MARCY, N.Y. — Syracuse University graduate students Vincent James McGovern and Jean-Eric van der Elst Portero this past academic year worked with NUAIR and the Swiss firm WindShape on an unmanned aircraft systems (UAS) wind tunnel that will be used to test how different weather patterns affect drone flight.
NUAIR says it annually seeks college-level interns interested in the UAS or drone industry to give them “hands-on, real-life experiences” with the technology.
The contributions both McGovern and van der Elst Portero have made to the wind-tunnel project has helped NUAIR “move the commercial drone industry forward,” the organization said in a news release.
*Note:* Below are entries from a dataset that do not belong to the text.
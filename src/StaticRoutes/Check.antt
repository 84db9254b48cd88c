-- ===== src/StaticRoutes/Check.antt =====
-- `_validate_static_route` of app/dal/db/store.py. The `ipaddress` functions are parameters: they
-- give the version and the canonical text.
use network_gateway_api.Prelude.{
  ◌>>=◌, ◌>>◌, raise_if, ℕ, Bool, true, false, not, ◌&&◌, ◌||◌, Option, none, some, String, leb,
  ◌==◌, if◌then◌else◌, Outcome, ok, err,
}
use mathlib.Core.List.{List, [] as nilₗ, ◌∷◌ as ◌∷ₗ◌}
use network_gateway_api.Prelude.Int.{pos}
use network_gateway_api.Value.{
  Value, Fields, null, bool, int, str, end, field, get_value, get, has, among, is_empty,
}
use network_gateway_api.Text.{count, has_part, same, all_chars}
use network_gateway_api.Text.Split.{split}
use network_gateway_api.Storage.Errors.{StoreError, store_error}
use network_gateway_api.Audit.Fields.{text}

pub record RouteValues : Type 0 where
  pub destination : String
  pub next_hop : String
  pub interface : Option String
  pub metric : ℕ
  pub description : String
  pub enabled : Bool

abbrev route_fields : List String
route_fields =
    "destination" ∷ₗ "next_hop" ∷ₗ "interface" ∷ₗ "metric" ∷ₗ "description" ∷ₗ "enabled" ∷ₗ nilₗ

abbrev only_among : List String → Fields → Bool
only_among names end = true
only_among names (field k v fields) = among k names && only_among names fields

abbrev has_all : List String → Fields → Bool
has_all nilₗ fields = true
has_all (name ∷ₗ names) fields = has name fields && has_all names fields

abbrev is_digit : ℕ → Bool
is_digit c = leb 48 c && leb c 57

-- `re.fullmatch(r"[^/]+/[0-9]{1,3}", destination)`
abbrev pub is_prefix : String → Bool
is_prefix destination = elim (split (λ c. c == 47) destination) [
  | network ∷ₗ size ∷ₗ nilₗ ↦
      not (is_empty network) && not (is_empty size) && leb (count size) 3 && all_chars is_digit size
  | _ ↦ false
]

abbrev bad_prefix : StoreError
bad_prefix = store_error "A valid network prefix and next-hop address are required."

abbrev text_of_field : Value → Outcome StoreError String
text_of_field (str s) = ok s
text_of_field _ = err bad_prefix

abbrev bad_interface : StoreError
bad_interface = store_error "Unsupported simulated interface."

abbrev interface_of : Value → Outcome StoreError (Option String)
interface_of null = ok none
interface_of (str s) =
    if among s ("eth0" ∷ₗ "eth1" ∷ₗ "lo" ∷ₗ nilₗ) then ok (some s) else err bad_interface
interface_of _ = err bad_interface

abbrev bad_metric : StoreError
bad_metric = store_error "Metric must be an integer between 0 and 65535."

abbrev pub metric_of : Value → Outcome StoreError ℕ
metric_of (int (pos n)) = if leb n 65535 then ok n else err bad_metric
metric_of _ = err bad_metric

abbrev enabled_of : Value → Outcome StoreError Bool
enabled_of (bool b) = ok b
enabled_of _ = err (store_error "Route enabled must be a boolean.")

module _ (ip_network ip_address : String → Option (ℕ × String)) where
  -- The checks on the destination and the next hop
  unfoldable pub addresses : Value → Value → Outcome StoreError (String × String)
  unfolding split has_part
  addresses destination next_hop = text_of_field destination >>= λ d.
      raise_if (not (is_prefix d)) bad_prefix
      >> (text_of_field next_hop >>= λ n.
          raise_if (has_part same "%" d || has_part same "%" n) bad_prefix >> elim (ip_network d) [
            | none ↦ err bad_prefix
            | some (version, network) ↦ elim (ip_address n) [
              | none ↦ err bad_prefix
              | some (version', address) ↦
                  if version == version'
                  then ok (network, address)
                  else err
                      (store_error "Destination and next hop must use the same address family.")
            ]
          ])

  unfoldable pub validate_static_route : Fields → Outcome StoreError RouteValues
  unfolding addresses text get
  validate_static_route payload =
      raise_if (not (only_among route_fields payload && has_all route_fields payload)) (
        store_error
          "Static routes require destination, next_hop, interface, metric, description and enabled.")
      >> (addresses (get_value "destination" payload) (get_value "next_hop" payload) >>= λ found.
          interface_of (get_value "interface" payload) >>= λ interface.
          metric_of (get_value "metric" payload) >>= λ metric.
          text (get_value "description" payload) "route description" "Route description" false 200
          >>= λ description. enabled_of (get_value "enabled" payload) >>= λ enabled. ok (record {
            destination = found.0;
            next_hop = found.1;
            interface = interface;
            metric = metric;
            description = description;
            enabled = enabled;
          }))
The UAS wind tunnel and the tests conducted within will help shape future rules and regulations for safe, advanced drone operations like package and medical deliveries via drone, NUAIR contends.
Although their in-person internship was cut short due to the COVID-19 pandemic, McGovern and van der Elst Portero continued to collaborate virtually with NUAIR and its partners on this project. They both have their bachelor’s degree in aerospace engineering and are working on their master’s degrees in mechanical and aerospace engineering at Syracuse University.
Syracuse–based NUAIR is short for Northeast UAS Airspace Integration Research. The nonprofit focuses on UAS operations, aeronautical research, safety management, and consulting services.
Vincent James McGovern
McGovern took the lead on researching integral products and components of the UAS wind tunnel, including a global navigation satellite system (GNSS) simulator and motion capture environment. GNSS is much like the GPS in a phone, but in addition to time and location, GNSS also determines speed, vehicle motion, and more.
Utilizing a GNSS simulator within a closed environment allows for the safe flight-testing of drones in different scenarios and weather conditions, “removing the potential risk” of putting people or property in harm’s way, NUAIR said.
Jean-Eric van der Elst Portero
As a computational fluid dynamics (CFD) engineering intern, van der Elst Portero worked at simulating a newly designed open-loop wind tunnel concept that would be able to produce a multitude of flow conditions, such as gusts of wind and turbulent shear flow. The challenge was to “precisely replicate” urban atmospheric weather conditions that a drone might encounter.
Understanding and calculating for various changes in weather patterns is an “essential piece” to the commercialization of drones, especially within an urban environment, which can cause “major wind variations from block-to-block,” NUAIR said.
The Syracuse graduate student is currently identifying and investigating upstream inlet conditions, such as Reynolds Averaged Navier Stokes (RANS) and Large Eddy Simulation (LES) Turbulent models, that will produce the desired downstream effects for drones to encounter.
Using the predicted model’s data, van der Elst Portero has been able to analyze turbulent kinetic energy (TKE) and TKE dissipation rates of the primary flow, and is investigating vortex mitigation techniques. He is also currently designing and implementing a 3-component, closed-loop testing system which will be able to quantify a drone’s ability to “accurately” execute a real-life flight plan under hazardous weather conditions.